KELOWNA, BC / ACCESSWIRE / January 14, 2025 / Lexaria Bioscience Corp. (NASDAQ:LEXX)(NASDAQ:LEXXW) (the "Company" or "Lexaria"), a global innovator in drug delivery platforms, announces partial final results showcasing the tolerability and glycemic control efficacy findings from human study GLP-1-H24-3 (the "Study"), comparing an oral version of DehydraTECH-processed Zepbound® ("DehydraTECH-tirzepatide") to conventional injected Zepbound®.

The injected Zepbound® produced a total of 38 adverse events across the study group of 9 persons, whereas the oral DehydraTECH-tirzepatide only produced 20 adverse events, a reduction of 47%. Likewise, the injected Zepbound® resulted in 22 gastrointestinal ("GI")-related adverse events, whereas the oral DehydraTECH-tirzepatide resulted in only 10 GI-related adverse events, a reduction of 54%. This latter finding is particularly noteworthy as unwanted GI impacts are generally the most commonly cited side effects of today's leading glucagon-like peptide-1 / glucose-dependent insulinotropic (GLP-1/GIP) drugs.

Furthermore, the oral DehydraTECH-tirzepatide evidenced a comparable overall reduction in blood glucose from baseline to the end of the 8-day total duration of observation in the Study that was statistically significant (p<0.05), compared to injected zepbound® monitored over the same period that was not (p>0.05). The mean baseline blood glucose levels (expressed in mg/dL) were 88.2±9.0 for oral DehydraTECH-tirzepatide and 87.8±11.3 for injected Zepbound®, compared to the Study-ending levels of 83.2±5.7 and 81.7±4.0 respectively.

Oral delivery of drugs requires far higher quantities of active pharmaceutical ingredients than injectable versions, because of relatively poor bioavailability of many drugs through the GI tract when taken orally. In the case of semaglutide, 98-196 times more semaglutide is administered as an oral dose of Rybelsus® over an equivalent period of time as compared to an injected dose of Ozempic®. In the current Lexaria Study, the oral DehydraTECH-tirzepatide was conservatively dosed at only 56 times more tirzepatide than what is administered via an injected Zepbound® dose, meaning that a stronger, more equivalent oral dose of tirzepatide, based on conventional oral versus injectable semaglutide dosing, has still unknown potential to be investigated relative to injected Zepbound®.

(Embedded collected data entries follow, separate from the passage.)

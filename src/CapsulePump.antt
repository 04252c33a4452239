-- ===== src/CapsulePump.antt =====
-- crates/skimasque/src/capsules.rs: the pump that decodes stream bytes and routes the capsules.
-- The two queues are tokio channels. What the pump sees of them is whether a `send` fails, which
-- it does when the receiver is gone: `datagrams_open n` and `control_open n` say whether the
-- receiver is there at the send after `n` values.
pub mod Loop
pub mod Chunks
pub mod Delivery
pub mod Chunked
use skimasque.Prelude.{
  ℕ, zero, suc, ◌+◌, List, [], ◌∷◌, ◌++◌, length, ◌==◌, if◌then◌else◌, Bool, true, false,
}
use skimasque.Prelude.{Option, none, some, Result, ok, err}
use skimasque.Prelude.Bytes.{BytesCrate}
use skimasque.Capsule
use skimasque.Capsule.{Capsule, CapsuleDecoder}
use skimasque.Capsule.CapsuleType

-- `datagrams` and `control` are what was sent so far; without a control sink `control` is `none`.
pub record CapsulePump : Type 0 where
  pub decoder : CapsuleDecoder
  pub datagrams : List (List ℕ)
  pub control : Option (List Capsule)

pub new : CapsulePump
new = record { decoder = Capsule.new; datagrams = []; control = none }

unfoldable pub with_control : CapsulePump
with_control = record { decoder = Capsule.new; datagrams = []; control = some [] }

-- `stuck` is no value of the source: the loop ran out of fuel.
pub data ControlFlow : Type 0 where
  continue break stuck : ControlFlow

-- `again` is the next round of the loop.
pub proceed :
    (CapsulePump → ControlFlow × CapsulePump)
    → ControlFlow × CapsulePump
    → ControlFlow × CapsulePump
proceed again (continue, p) = again p
proceed again (break, p) = (break, p)
proceed again (stuck, p) = (stuck, p)

module _ ⦃b : BytesCrate⦄ (datagrams_open control_open : ℕ → Bool) where
  -- Without a control sink every other capsule type is dropped.
  pub send_control : Capsule → CapsulePump → Option (List Capsule) → ControlFlow × CapsulePump
  send_control c p none = (continue, p)
  send_control c p (some sent) =
      if control_open (length sent)
      then (continue, record p { control = some (sent ++ c ∷ []) })
      else (break, p)

  -- The arm of the `match` for a decoded capsule.
  unfoldable pub route : Capsule → CapsulePump → ControlFlow × CapsulePump
  unfolding send_control
  route c p =
      if c.kind == CapsuleType.datagram
      then (if datagrams_open (length p.datagrams)
          then (continue, record p { datagrams = p.datagrams ++ c.value ∷ [] })
          else (break, p))
      else send_control c p p.control

  -- The `match` on what the decoder returned.
  dispatch :
      (CapsulePump → ControlFlow × CapsulePump)
      → CapsulePump
      → Result Capsule.Error (Option Capsule) × CapsuleDecoder
      → ControlFlow × CapsulePump
  unfolding proceed
  dispatch again p (ok none, d) = (continue, record p { decoder = d })
  dispatch again p (ok (some c), d) = proceed again (route c (record p { decoder = d }))
  dispatch again p (err _, d) = (break, record p { decoder = d })

  unfoldable pub pump_loop : ℕ → CapsulePump → ControlFlow × CapsulePump
  unfolding dispatch
  pump_loop zero p = (stuck, p)
  pump_loop (suc fuel) p = dispatch (pump_loop fuel) p (Capsule.next_capsule p.decoder)

  -- Every round but the last takes bytes off the buffer, so its length bounds the rounds.
  unfoldable pub push : CapsulePump → List ℕ → ControlFlow × CapsulePump
  push p chunk =
      let d : CapsuleDecoder = Capsule.push p.decoder chunk in
      pump_loop (suc (length d.buf)) (record p { decoder = d })

-- `finish` only warns: whether it does.
abbrev pub finish_warns : CapsulePump → Bool
finish_warns p = elim (Capsule.finish p.decoder) [ ok _ ↦ false | err _ ↦ true ]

Armed with this new safety and efficacy data from the current Study that has exceeded expectations, Lexaria intends to add a 5th study arm - using DehydraTECH-tirzepatide in an oral capsule - to its 12-week human study already underway in Australia (study GLP-1-H24-4). In that study arm, oral DehydraTECH-tirzepatide will be dosed initially at the same dose as in the current Study, but will also escalate to a dose roughly twice as high, in order to more aggressively investigate oral DehydraTECH-tirzepatide performance through metrics such as blood sugar control and overall weight loss. Steps have been initiated to amend human study GLP-1-H24-4 accordingly, pending regulatory authorization which will be reported upon when available.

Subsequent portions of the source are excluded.